Data extract ::
-- ===== src/Simulator/Verdicts.antt =====
-- What the rules of inference/rules.py say of the traffic of ingest/simulator.py.
use mathlib.Core.List.{Memᴰ}
use Prim.Native.String.{◌++◌, count}
use package.text.Mathlib.TextLemmas.{length-append}
use ai_cyber_threat_detector.Common.{
  ℕ, ◌≤◌, ◌<◌, ◌≡◌, ◌≢◌, refl, ap, ◌∙◌, Bool, true, false, Option, none, some, List, [], String,
  arith, Bool-cases, inl, inr, contains, str_eq, or_else,
}
use ai_cyber_threat_detector.Common.Dict
use ai_cyber_threat_detector.Common.Dict.{Dict}
use ai_cyber_threat_detector.Common.Int.{pos}
use ai_cyber_threat_detector.Common.Text.{first_label}
use ai_cyber_threat_detector.Detection.Event.{Value, text}
use ai_cyber_threat_detector.Detection.Features.{
  Features, no_features, query_features, extract_features,
}
use ai_cyber_threat_detector.Detection.Rules.{
  Alert, conn_alerts, conn_rules, dns_rules, evaluate_rules,
}
use ai_cyber_threat_detector.Simulator.Traffic.{
  Draws, Flow, Attack, dga_dns_tunnelling, reconnaissance, ddos, data_exfiltration,
  encrypted_malware, c2_beaconing, dga, port_scan, Scenario, attack_of, next_event,
  generate_conn_log, generate_dns_log, conn_event, flow_of, query_of,
}
use ai_cyber_threat_detector.Simulator.Fires.{
  HasClass, HasClass-left, ddos-HasClass, recon-HasClass, exfil-HasClass, ja4-HasClass, c2-HasClass,
  conn_alerts_quiet, ja4_missing, tunnelling-HasClass, tunnelling_quiet, dga_quiet, from_ddos,
  from_c2, from_ja4, from_recon, from_exfil,
}
use ai_cyber_threat_detector.Simulator.Drawn.{IsDrawn, normal_domains}

-- the threat class that the rules have for an attack of the mixed scenario
abbrev pub class_of : Attack → String
class_of reconnaissance = "Reconnaissance"
class_of ddos = "DDoS"
class_of data_exfiltration = "Data Exfiltration"
class_of encrypted_malware = "Encrypted-Traffic Malware"
class_of c2_beaconing = "C2 Beaconing"
class_of _ = "DGA / DNS Tunnelling"

-- what the rules have to say: the class of an attack of the mixed scenario, and nothing of all else
abbrev pub Judged : Option Attack → List Alert → Type 0
Judged none alerts = alerts ≡ []
Judged (some dga) alerts = alerts ≡ []
Judged (some port_scan) alerts = alerts ≡ []
Judged (some a) alerts = HasClass (class_of a) alerts

module _ (malicious : List String) (str_of : Value → String) (entropy : String → ℕ) where
  -- the evaluation of an event by the rules, with the features of it
  unfoldable pub evaluate : Dict Value → Option (List Alert)
  unfolding extract_features evaluate_rules
  evaluate event = elim (extract_features entropy event) [
    | none ↦ none
    | some features ↦ evaluate_rules malicious str_of event features
  ]

  conn_verdict :
      (attack : Option Attack) (d : Draws) (f : Flow)
      → evaluate (conn_event attack d f)
        ≡ some (
            conn_alerts malicious
              (some (text f.conn_state))
              (pos f.orig_pkts)
              (Dict.get (conn_event attack d f) "id.resp_p")
              (pos f.dst_port)
              (pos f.orig_bytes)
              (pos f.resp_bytes)
              "")
  unfolding evaluate Dict.get conn_event conn_rules
  conn_verdict attack d f = refl

  ja4_verdict :
      (attack : Option Attack) (d : Draws) (f : Flow)
      → evaluate (Dict.put (conn_event attack d f) "ja4" (text "t13d000000_rare_fingerprint"))
        ≡ some (
            conn_alerts malicious
              (some (text f.conn_state))
              (pos f.orig_pkts)
              (Dict.get (conn_event attack d f) "id.resp_p")
              (pos f.dst_port)
              (pos f.orig_bytes)
              (pos f.resp_bytes)
              "t13d000000_rare_fingerprint")
  unfolding evaluate Dict.get Dict.put conn_event conn_rules
  ja4_verdict attack d f = refl

  lookup_quiet :
      (d : Draws) (f : Features)
      → or_else f.label_length 0 ≤ 15
      → dns_rules malicious str_of (generate_dns_log none d) f ≡ []
  unfolding dns_rules generate_dns_log query_of Dict.get
  lookup_quiet d f h =
      rw
        (
          tunnelling_quiet d.normal_domain,
          dga_quiet d.normal_domain (or_else f.label_entropy 0) (or_else f.label_length 0)
              (or_else f.is_known_infra_suffix false) h,
        )
        refl

  -- the rules judge an event as they should
  abbrev IsJudged : Option Attack → Dict Value → Type 0
  IsJudged attack event =
      (alerts : List Alert) × (evaluate event ≡ some alerts) × Judged attack alerts

  module _ (d : Draws) (drawn : IsDrawn d) where
    calm_flow :
        (attack : Option Attack)
        → flow_of attack d ≡ flow_of none d
        → evaluate (conn_event attack d (flow_of attack d)) ≡ some []
    unfolding flow_of
    calm_flow attack e = rw e (
        conn_verdict attack d (flow_of none d)
        ∙ ap some (
            conn_alerts_quiet malicious d.orig_pkts d.dst_port d.orig_bytes d.resp_bytes _ ""
              drawn.pkts.1 drawn.port drawn.up.1 (ja4_missing malicious)))

    verdict_conn :
        (a : Attack)
        → contains "t13d000000_rare_fingerprint" malicious ≡ true
        → a ≢ dga_dns_tunnelling
        → IsJudged (some a) (generate_conn_log (some a) d)
    unfolding generate_conn_log flow_of
    verdict_conn dga_dns_tunnelling known other = absurd (other refl)
    verdict_conn reconnaissance known other = (
      _,
      conn_verdict (some reconnaissance) d (flow_of (some reconnaissance) d),
      from_recon malicious _ _ _ _ _ _ _ "Reconnaissance"
          (recon-HasClass d.scan_pkts _ drawn.scan.1),
    )
    verdict_conn ddos known other = (
      _,
      conn_verdict (some ddos) d (flow_of (some ddos) d),
      from_ddos malicious _ _ _ _ _ _ _ "DDoS" (ddos-HasClass _ d.flood_pkts drawn.flood.0),
    )
    verdict_conn data_exfiltration known other = (
      _,
      conn_verdict (some data_exfiltration) d (flow_of (some data_exfiltration) d),
      from_exfil malicious _ _ _ _ _ _ _ "Data Exfiltration"
          (exfil-HasClass d.upload_bytes d.upload_reply drawn.upload.0 drawn.reply.1),
    )
    verdict_conn encrypted_malware known other = (
      _,
      ja4_verdict (some encrypted_malware) d (flow_of (some encrypted_malware) d),
      from_ja4 malicious _ _ _ _ _ _ _ "Encrypted-Traffic Malware" (ja4-HasClass malicious known),
    )
    verdict_conn c2_beaconing known other = (
      _,
      conn_verdict (some c2_beaconing) d (flow_of (some c2_beaconing) d),
      from_c2 malicious _ _ _ _ _ _ _ "C2 Beaconing" (
          c2-HasClass d.beacon_bytes d.beacon_reply d.beacon_port drawn.beacon drawn.answer
            drawn.contact),
    )
    verdict_conn dga known other = ([], calm_flow (some dga) refl, refl)
    verdict_conn port_scan known other = ([], calm_flow (some port_scan) refl, refl)

    tunnel_long : 60 < count (query_of (some dga_dns_tunnelling) d).0
    unfolding query_of
    tunnel_long = omega (
      arith,
      length-append d.hex_a (d.hex_b ++ (d.hex_c ++ ".malicious-tunnel.com")),
      length-append d.hex_b (d.hex_c ++ ".malicious-tunnel.com"),
      length-append d.hex_c ".malicious-tunnel.com",
      drawn.a,
      drawn.b,
    )

    verdict_tunnel :
        IsJudged (some dga_dns_tunnelling) (generate_dns_log (some dga_dns_tunnelling) d)
    unfolding evaluate Dict.get generate_dns_log dns_rules
    verdict_tunnel = (
      _,
      refl,
      HasClass-left "DGA / DNS Tunnelling" _ _
          (tunnelling-HasClass (query_of (some dga_dns_tunnelling) d).0 tunnel_long),
    )

    short_label : (q : String) → Memᴰ q normal_domains → count (first_label q) ≤ 15
    unfolding first_label
    short_label q (Memᴰ.head e) = rw e (omega arith)
    short_label q (Memᴰ.tail (Memᴰ.head e)) = rw e (omega arith)
    short_label q (Memᴰ.tail (Memᴰ.tail (Memᴰ.head e))) = rw e (omega arith)
    short_label q (Memᴰ.tail (Memᴰ.tail (Memᴰ.tail m))) = elim m [ ]

    verdict_lookup : IsJudged none (generate_dns_log none d)
    unfolding evaluate Dict.get generate_dns_log query_features query_of
    verdict_lookup = elim (Bool-cases (str_eq d.normal_domain "")) [
      | inl e ↦ ([], rw e (ap some (lookup_quiet d no_features (omega arith))), refl)
      | inr e ↦ (
        [],
        rw e (
            ap some (
              lookup_quiet d (query_features entropy d.normal_domain)
                (short_label d.normal_domain drawn.domain))),
        refl,
      )
    ]

    verdict_event :
        (attack : Option Attack) (lookup : Bool)
        → contains "t13d000000_rare_fingerprint" malicious ≡ true
        → IsJudged attack (next_event attack lookup d)
    unfolding next_event generate_conn_log
    verdict_event none true known = verdict_lookup
    verdict_event none false known = ([], calm_flow none refl, refl)
    verdict_event (some dga_dns_tunnelling) lookup known = verdict_tunnel
    verdict_event (some reconnaissance) lookup known =
        verdict_conn reconnaissance known λ e. absurd (cc e)
    verdict_event (some ddos) lookup known = verdict_conn ddos known λ e. absurd (cc e)
    verdict_event (some data_exfiltration) lookup known =
        verdict_conn data_exfiltration known λ e. absurd (cc e)
    verdict_event (some encrypted_malware) lookup known =
        verdict_conn encrypted_malware known λ e. absurd (cc e)
    verdict_event (some c2_beaconing) lookup known =
        verdict_conn c2_beaconing known λ e. absurd (cc e)
    verdict_event (some dga) lookup known = verdict_conn dga known λ e. absurd (cc e)
    verdict_event (some port_scan) lookup known = verdict_conn port_scan known λ e. absurd (cc e)

  -- Every attack that the mixed scenario injects is detected under its threat class, and nothing else raises an alert: neither normal
  -- traffic, nor what the scenarios "dga" and "port_scan" label as their attacks. The list of malicious fingerprints has the simulator's.
  pub next_event-Judged :
      (scenario : Scenario) (hit lookup : Bool) (pick : Attack) (d : Draws)
      → contains "t13d000000_rare_fingerprint" malicious ≡ true
      → IsDrawn d
      → (alerts : List Alert) × (evaluate (next_event (attack_of scenario hit pick) lookup d)
          ≡ some alerts)
        × Judged (attack_of scenario hit pick) alerts
  next_event-Judged scenario hit lookup pick d known drawn =
      verdict_event d drawn (attack_of scenario hit pick) lookup known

Activity :: Give back, word for word, only the lines above from the line holding "conn_verdict (some data_exfiltration)" to the line holding "unfolding first_label", both included.

Output below ::
      conn_verdict (some data_exfiltration) d (flow_of (some data_exfiltration) d),
      from_exfil malicious _ _ _ _ _ _ _ "Data Exfiltration"
          (exfil-HasClass d.upload_bytes d.upload_reply drawn.upload.0 drawn.reply.1),
    )
    verdict_conn encrypted_malware known other = (
      _,
      ja4_verdict (some encrypted_malware) d (flow_of (some encrypted_malware) d),
      from_ja4 malicious _ _ _ _ _ _ _ "Encrypted-Traffic Malware" (ja4-HasClass malicious known),
    )
    verdict_conn c2_beaconing known other = (
      _,
      conn_verdict (some c2_beaconing) d (flow_of (some c2_beaconing) d),
      from_c2 malicious _ _ _ _ _ _ _ "C2 Beaconing" (
          c2-HasClass d.beacon_bytes d.beacon_reply d.beacon_port drawn.beacon drawn.answer
            drawn.contact),
    )
    verdict_conn dga known other = ([], calm_flow (some dga) refl, refl)
    verdict_conn port_scan known other = ([], calm_flow (some port_scan) refl, refl)

    tunnel_long : 60 < count (query_of (some dga_dns_tunnelling) d).0
    unfolding query_of
    tunnel_long = omega (
      arith,
      length-append d.hex_a (d.hex_b ++ (d.hex_c ++ ".malicious-tunnel.com")),
      length-append d.hex_b (d.hex_c ++ ".malicious-tunnel.com"),
      length-append d.hex_c ".malicious-tunnel.com",
      drawn.a,
      drawn.b,
    )

    verdict_tunnel :
        IsJudged (some dga_dns_tunnelling) (generate_dns_log (some dga_dns_tunnelling) d)
    unfolding evaluate Dict.get generate_dns_log dns_rules
    verdict_tunnel = (
      _,
      refl,
      HasClass-left "DGA / DNS Tunnelling" _ _
          (tunnelling-HasClass (query_of (some dga_dns_tunnelling) d).0 tunnel_long),
    )

    short_label : (q : String) → Memᴰ q normal_domains → count (first_label q) ≤ 15
    unfolding first_label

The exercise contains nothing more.